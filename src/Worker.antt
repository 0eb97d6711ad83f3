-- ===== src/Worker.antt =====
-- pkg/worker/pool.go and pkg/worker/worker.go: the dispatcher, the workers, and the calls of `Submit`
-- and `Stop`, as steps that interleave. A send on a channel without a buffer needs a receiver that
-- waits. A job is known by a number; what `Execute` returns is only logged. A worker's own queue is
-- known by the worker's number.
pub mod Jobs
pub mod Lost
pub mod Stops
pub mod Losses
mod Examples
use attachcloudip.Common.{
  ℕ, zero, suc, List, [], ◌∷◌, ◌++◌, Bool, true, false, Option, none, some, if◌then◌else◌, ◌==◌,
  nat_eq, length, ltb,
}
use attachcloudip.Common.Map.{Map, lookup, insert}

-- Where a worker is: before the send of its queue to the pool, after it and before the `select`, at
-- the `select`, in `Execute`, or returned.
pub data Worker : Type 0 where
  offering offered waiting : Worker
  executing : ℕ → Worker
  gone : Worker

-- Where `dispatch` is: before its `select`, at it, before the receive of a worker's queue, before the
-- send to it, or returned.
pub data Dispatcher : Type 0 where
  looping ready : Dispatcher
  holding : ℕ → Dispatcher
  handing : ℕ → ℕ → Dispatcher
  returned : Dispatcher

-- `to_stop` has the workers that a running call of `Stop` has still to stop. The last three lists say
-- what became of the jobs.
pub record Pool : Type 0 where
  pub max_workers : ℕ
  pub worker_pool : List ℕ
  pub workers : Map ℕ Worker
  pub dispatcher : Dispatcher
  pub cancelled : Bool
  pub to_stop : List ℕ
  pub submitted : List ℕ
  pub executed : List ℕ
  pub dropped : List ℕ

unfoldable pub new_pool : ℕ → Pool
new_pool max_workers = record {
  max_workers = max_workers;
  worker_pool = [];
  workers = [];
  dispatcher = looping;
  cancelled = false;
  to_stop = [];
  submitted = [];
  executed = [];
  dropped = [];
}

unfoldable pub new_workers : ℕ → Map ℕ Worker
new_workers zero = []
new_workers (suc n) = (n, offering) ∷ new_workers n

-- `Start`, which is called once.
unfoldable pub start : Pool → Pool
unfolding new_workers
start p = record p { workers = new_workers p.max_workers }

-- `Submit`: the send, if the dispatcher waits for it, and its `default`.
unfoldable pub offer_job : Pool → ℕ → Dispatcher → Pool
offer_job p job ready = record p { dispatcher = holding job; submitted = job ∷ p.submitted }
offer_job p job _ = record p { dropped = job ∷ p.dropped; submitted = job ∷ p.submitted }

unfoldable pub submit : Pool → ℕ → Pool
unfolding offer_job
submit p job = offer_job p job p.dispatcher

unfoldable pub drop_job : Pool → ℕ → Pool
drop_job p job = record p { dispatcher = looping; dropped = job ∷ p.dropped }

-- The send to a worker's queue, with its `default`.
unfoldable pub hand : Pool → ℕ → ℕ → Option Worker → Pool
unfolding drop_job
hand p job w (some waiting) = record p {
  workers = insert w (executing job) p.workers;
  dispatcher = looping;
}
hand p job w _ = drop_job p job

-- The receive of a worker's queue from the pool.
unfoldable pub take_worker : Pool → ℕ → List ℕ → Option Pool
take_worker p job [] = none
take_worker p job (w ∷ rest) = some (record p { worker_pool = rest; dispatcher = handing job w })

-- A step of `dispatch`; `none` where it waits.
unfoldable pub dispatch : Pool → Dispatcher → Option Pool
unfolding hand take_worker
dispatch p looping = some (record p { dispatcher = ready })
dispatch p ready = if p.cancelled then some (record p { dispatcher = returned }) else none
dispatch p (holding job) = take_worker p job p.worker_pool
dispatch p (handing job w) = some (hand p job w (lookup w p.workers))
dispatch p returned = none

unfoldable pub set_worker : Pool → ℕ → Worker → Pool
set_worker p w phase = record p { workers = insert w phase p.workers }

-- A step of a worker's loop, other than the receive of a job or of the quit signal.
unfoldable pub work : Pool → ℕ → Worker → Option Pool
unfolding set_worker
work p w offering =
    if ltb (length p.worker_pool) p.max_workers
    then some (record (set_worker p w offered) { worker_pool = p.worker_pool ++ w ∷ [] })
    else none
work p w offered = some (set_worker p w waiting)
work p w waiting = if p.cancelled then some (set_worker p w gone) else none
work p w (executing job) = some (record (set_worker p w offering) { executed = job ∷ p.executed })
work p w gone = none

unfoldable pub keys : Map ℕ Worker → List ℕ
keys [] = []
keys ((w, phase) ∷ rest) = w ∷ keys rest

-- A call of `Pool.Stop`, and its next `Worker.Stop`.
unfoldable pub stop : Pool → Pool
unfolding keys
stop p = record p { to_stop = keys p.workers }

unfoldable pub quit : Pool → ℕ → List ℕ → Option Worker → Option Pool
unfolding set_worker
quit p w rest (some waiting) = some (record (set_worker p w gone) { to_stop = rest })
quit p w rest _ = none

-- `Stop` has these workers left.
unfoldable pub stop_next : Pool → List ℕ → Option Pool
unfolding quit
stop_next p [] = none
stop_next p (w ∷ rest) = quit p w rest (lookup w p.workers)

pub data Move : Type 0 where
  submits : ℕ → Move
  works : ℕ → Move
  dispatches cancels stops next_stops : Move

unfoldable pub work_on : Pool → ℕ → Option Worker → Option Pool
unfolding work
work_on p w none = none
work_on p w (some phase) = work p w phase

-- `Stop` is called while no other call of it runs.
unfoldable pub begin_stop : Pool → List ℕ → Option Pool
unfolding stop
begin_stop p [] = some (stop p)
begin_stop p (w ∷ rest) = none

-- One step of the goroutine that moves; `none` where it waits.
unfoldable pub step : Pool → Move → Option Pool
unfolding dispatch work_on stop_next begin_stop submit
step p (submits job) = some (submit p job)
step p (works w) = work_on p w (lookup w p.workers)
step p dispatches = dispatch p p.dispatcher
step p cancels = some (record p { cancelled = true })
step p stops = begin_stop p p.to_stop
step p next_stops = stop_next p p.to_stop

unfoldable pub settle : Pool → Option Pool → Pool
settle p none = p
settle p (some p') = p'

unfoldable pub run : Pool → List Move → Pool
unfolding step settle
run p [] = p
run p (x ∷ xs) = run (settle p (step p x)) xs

|---|

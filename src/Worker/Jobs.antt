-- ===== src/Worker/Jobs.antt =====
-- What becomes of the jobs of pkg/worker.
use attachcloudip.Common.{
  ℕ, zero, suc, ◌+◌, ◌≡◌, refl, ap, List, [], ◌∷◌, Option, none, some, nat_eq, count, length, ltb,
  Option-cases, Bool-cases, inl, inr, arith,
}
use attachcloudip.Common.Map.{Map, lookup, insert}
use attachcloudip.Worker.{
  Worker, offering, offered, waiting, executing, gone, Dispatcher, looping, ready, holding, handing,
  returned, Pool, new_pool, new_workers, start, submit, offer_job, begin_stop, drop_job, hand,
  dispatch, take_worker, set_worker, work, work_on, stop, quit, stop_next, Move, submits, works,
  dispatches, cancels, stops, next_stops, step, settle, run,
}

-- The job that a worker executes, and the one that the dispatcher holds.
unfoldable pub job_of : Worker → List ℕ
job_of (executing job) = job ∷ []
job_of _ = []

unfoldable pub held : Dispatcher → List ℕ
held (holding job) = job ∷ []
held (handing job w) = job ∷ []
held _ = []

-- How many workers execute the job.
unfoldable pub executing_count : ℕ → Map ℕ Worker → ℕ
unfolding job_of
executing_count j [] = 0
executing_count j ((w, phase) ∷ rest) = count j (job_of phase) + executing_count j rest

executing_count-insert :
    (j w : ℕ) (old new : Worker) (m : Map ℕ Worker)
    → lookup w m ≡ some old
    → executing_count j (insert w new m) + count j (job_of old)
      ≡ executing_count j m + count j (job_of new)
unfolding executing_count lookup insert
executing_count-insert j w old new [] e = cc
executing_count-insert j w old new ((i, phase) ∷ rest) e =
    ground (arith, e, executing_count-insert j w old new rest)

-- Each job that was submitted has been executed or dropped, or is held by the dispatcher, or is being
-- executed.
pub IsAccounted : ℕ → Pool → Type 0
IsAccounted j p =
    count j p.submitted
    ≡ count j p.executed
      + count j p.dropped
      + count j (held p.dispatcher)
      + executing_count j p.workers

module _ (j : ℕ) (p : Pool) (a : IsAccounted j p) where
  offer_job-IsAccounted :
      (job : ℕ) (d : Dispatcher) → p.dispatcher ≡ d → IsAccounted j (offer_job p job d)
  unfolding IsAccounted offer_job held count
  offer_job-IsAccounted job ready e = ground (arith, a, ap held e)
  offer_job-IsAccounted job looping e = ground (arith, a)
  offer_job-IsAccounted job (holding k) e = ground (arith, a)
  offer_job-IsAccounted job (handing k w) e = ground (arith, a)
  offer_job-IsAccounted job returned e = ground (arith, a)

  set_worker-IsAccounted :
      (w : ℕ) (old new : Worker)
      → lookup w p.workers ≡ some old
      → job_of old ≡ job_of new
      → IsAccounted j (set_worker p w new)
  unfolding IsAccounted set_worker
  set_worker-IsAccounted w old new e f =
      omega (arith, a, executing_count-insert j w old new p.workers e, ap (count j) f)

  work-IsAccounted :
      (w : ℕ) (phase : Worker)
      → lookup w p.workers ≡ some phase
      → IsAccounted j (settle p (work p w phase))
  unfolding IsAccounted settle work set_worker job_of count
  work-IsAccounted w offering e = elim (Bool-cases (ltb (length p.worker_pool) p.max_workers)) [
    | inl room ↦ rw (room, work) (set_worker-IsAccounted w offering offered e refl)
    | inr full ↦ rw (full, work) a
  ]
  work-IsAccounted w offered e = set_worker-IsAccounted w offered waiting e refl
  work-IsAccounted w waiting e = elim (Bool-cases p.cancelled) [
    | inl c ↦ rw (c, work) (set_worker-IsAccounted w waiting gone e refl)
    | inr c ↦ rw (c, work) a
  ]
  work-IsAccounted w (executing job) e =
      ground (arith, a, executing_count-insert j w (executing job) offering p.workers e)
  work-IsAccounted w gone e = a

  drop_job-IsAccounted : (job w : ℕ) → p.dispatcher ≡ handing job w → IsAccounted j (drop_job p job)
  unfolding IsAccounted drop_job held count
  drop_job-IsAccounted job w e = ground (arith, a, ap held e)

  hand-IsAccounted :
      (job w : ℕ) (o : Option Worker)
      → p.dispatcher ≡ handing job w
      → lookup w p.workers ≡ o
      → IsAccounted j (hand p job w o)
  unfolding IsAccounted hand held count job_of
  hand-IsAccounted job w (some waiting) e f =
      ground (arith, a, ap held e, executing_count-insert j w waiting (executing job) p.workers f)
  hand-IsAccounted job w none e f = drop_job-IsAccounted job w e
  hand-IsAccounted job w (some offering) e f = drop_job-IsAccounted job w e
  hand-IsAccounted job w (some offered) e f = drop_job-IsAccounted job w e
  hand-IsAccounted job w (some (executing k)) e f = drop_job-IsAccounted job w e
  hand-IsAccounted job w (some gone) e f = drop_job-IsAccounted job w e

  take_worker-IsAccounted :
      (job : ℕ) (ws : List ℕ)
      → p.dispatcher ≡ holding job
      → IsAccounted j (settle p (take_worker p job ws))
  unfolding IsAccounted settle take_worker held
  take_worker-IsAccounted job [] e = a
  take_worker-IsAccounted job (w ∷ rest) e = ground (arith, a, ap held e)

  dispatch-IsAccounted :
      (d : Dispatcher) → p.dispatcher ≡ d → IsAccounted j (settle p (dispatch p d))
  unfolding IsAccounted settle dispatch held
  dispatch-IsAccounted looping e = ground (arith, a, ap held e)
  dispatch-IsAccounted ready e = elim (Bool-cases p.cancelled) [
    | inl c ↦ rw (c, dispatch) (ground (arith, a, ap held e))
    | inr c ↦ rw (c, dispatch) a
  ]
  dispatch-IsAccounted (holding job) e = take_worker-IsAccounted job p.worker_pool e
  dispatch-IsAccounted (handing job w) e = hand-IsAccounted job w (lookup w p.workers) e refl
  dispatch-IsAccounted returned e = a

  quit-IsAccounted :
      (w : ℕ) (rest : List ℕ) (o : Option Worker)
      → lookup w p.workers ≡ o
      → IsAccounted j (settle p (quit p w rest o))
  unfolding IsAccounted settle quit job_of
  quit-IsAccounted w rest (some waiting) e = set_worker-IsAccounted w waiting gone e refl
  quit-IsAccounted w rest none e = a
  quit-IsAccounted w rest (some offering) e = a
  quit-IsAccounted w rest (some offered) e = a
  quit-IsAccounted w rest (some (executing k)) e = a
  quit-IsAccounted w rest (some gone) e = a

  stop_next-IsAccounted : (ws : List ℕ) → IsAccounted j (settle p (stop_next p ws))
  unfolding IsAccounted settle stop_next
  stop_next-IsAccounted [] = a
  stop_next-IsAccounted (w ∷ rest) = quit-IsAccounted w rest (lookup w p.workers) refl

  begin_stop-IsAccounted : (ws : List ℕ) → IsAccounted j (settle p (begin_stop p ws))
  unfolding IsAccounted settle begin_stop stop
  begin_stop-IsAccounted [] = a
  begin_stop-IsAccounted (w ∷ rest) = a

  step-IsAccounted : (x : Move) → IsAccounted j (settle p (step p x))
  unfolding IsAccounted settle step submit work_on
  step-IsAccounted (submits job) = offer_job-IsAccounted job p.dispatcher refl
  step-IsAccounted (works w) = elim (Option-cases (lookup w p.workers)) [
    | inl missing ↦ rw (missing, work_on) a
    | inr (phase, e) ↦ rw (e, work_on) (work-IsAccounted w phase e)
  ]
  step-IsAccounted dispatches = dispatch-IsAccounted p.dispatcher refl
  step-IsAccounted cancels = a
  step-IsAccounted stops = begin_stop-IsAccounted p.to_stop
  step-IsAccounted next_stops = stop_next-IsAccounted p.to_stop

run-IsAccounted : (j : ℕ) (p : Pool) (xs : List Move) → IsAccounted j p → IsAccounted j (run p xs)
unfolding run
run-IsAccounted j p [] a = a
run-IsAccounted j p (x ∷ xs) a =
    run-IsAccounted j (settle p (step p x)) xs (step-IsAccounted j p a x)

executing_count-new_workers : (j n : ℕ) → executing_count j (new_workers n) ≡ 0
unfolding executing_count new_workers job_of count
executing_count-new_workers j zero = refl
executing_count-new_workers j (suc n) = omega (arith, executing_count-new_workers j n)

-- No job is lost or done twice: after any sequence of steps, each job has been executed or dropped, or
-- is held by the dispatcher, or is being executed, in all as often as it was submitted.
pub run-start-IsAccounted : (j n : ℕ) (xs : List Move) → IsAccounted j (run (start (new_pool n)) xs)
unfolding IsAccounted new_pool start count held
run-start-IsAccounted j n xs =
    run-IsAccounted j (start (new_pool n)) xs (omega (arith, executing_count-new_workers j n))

|---|

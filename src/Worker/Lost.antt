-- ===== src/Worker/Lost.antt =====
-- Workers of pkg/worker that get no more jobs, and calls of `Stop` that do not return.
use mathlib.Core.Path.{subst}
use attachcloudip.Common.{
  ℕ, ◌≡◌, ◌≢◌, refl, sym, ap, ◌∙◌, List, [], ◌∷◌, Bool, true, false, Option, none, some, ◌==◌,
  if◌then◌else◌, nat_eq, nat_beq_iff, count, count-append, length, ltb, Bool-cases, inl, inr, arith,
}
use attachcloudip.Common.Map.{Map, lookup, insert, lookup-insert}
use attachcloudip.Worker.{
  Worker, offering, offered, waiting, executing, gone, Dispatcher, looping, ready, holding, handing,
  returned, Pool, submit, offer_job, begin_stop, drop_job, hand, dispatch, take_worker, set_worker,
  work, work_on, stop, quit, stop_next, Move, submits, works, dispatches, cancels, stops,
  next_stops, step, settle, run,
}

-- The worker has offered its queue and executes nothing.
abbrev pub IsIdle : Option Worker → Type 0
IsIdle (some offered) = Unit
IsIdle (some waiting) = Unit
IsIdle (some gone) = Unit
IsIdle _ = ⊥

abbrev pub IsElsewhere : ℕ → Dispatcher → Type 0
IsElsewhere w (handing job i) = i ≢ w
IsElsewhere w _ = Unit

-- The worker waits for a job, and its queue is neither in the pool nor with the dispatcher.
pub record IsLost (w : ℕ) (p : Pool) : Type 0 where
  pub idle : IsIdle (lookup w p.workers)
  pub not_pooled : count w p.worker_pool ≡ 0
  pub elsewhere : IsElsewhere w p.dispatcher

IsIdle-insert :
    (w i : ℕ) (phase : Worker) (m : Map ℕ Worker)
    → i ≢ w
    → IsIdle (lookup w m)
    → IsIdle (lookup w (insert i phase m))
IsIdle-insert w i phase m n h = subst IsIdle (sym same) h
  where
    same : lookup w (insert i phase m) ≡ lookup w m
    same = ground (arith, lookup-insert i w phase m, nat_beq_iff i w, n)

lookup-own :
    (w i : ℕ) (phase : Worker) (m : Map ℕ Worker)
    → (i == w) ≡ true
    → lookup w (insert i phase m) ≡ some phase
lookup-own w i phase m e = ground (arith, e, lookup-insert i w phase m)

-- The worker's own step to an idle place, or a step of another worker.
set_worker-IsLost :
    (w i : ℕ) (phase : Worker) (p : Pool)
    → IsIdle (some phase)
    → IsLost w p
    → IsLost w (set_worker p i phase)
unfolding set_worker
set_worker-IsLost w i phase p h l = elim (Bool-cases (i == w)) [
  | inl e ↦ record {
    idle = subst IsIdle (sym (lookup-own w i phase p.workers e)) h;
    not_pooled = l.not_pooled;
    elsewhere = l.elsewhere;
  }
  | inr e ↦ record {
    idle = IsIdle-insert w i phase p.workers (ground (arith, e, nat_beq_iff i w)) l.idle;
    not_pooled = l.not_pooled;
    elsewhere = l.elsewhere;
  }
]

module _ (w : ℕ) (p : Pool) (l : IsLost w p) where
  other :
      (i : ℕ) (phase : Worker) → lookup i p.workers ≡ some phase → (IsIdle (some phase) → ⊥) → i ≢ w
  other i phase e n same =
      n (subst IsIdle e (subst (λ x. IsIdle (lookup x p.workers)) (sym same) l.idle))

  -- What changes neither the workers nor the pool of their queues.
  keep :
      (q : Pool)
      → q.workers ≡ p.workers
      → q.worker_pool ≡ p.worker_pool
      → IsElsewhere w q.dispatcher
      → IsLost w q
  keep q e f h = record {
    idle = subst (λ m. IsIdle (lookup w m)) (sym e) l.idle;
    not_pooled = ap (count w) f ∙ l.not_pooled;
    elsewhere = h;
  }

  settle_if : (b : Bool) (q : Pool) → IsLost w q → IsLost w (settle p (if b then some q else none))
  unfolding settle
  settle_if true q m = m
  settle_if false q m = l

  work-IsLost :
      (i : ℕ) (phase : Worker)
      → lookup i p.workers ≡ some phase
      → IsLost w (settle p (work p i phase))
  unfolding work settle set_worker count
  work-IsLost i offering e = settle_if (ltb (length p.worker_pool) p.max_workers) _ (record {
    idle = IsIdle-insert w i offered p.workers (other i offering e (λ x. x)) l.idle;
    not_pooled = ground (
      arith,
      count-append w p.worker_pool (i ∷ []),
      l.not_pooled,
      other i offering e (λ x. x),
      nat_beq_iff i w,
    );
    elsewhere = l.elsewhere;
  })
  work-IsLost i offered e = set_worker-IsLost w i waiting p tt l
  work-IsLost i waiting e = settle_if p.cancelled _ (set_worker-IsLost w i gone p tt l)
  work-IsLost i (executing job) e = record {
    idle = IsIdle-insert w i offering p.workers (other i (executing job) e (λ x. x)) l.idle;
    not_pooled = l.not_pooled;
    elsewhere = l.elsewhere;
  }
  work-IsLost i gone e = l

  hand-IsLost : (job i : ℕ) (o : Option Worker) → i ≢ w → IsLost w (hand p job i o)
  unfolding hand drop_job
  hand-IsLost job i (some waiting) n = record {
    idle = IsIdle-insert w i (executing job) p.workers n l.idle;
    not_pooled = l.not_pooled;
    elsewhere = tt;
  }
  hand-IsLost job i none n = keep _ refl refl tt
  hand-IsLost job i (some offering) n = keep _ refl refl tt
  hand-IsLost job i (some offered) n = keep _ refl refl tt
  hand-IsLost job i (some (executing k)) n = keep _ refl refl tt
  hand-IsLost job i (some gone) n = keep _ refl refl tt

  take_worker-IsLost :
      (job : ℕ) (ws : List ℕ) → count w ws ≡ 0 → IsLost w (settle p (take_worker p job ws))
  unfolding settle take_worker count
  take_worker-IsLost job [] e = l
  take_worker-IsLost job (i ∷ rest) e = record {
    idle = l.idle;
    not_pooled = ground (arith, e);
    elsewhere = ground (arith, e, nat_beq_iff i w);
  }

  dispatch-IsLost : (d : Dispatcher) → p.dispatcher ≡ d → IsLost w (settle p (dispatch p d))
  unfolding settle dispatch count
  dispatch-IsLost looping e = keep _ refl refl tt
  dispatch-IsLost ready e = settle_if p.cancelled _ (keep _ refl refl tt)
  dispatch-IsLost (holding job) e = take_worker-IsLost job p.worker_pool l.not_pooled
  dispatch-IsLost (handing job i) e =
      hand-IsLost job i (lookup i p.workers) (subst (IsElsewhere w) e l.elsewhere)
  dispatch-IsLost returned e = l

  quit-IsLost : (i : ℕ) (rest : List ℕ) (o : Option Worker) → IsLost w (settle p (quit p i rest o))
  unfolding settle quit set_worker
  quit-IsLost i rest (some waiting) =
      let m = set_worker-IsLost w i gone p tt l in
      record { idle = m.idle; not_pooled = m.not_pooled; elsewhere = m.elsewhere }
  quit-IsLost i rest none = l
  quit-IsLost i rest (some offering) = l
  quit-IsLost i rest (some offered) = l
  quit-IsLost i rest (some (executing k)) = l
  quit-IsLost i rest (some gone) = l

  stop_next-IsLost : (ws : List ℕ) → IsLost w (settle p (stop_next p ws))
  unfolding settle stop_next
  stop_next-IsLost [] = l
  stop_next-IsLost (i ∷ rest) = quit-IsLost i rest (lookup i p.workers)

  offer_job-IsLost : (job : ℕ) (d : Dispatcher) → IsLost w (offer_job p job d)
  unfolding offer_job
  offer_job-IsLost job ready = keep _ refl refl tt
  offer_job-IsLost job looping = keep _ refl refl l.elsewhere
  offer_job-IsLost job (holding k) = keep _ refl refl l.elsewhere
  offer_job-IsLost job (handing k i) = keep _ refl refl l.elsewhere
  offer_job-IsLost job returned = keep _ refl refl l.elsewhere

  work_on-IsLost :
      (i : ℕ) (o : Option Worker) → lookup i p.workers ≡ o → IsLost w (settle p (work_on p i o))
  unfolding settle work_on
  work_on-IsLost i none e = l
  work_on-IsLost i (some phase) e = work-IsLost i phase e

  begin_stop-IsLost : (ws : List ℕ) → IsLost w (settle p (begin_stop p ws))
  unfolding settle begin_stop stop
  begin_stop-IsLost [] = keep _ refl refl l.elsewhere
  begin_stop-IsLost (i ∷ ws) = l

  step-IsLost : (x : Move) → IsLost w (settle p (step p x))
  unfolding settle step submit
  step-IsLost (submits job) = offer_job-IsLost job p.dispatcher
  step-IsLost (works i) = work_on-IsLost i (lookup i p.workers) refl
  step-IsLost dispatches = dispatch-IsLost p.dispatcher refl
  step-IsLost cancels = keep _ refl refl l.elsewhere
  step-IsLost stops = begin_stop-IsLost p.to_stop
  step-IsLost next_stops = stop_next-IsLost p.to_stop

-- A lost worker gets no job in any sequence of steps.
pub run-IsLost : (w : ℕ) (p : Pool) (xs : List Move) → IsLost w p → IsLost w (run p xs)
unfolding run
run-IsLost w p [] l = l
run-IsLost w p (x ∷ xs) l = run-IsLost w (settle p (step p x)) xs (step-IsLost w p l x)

|---|

▸ To do
Repeat exactly the lines of the listing above, from the one with "unfoldable pub new_workers : ℕ → Map ℕ Worker" down to the one with "unfoldable pub drop_job : Pool → ℕ → Pool"; both of those lines belong in the range.

▸ Task result
unfoldable pub new_workers : ℕ → Map ℕ Worker
new_workers zero = []
new_workers (suc n) = (n, offering) ∷ new_workers n

-- `Start`, which is called once.
unfoldable pub start : Pool → Pool
unfolding new_workers
start p = record p { workers = new_workers p.max_workers }

-- `Submit`: the send, if the dispatcher waits for it, and its `default`.
unfoldable pub offer_job : Pool → ℕ → Dispatcher → Pool
offer_job p job ready = record p { dispatcher = holding job; submitted = job ∷ p.submitted }
offer_job p job _ = record p { dropped = job ∷ p.dropped; submitted = job ∷ p.submitted }

unfoldable pub submit : Pool → ℕ → Pool
unfolding offer_job
submit p job = offer_job p job p.dispatcher

unfoldable pub drop_job : Pool → ℕ → Pool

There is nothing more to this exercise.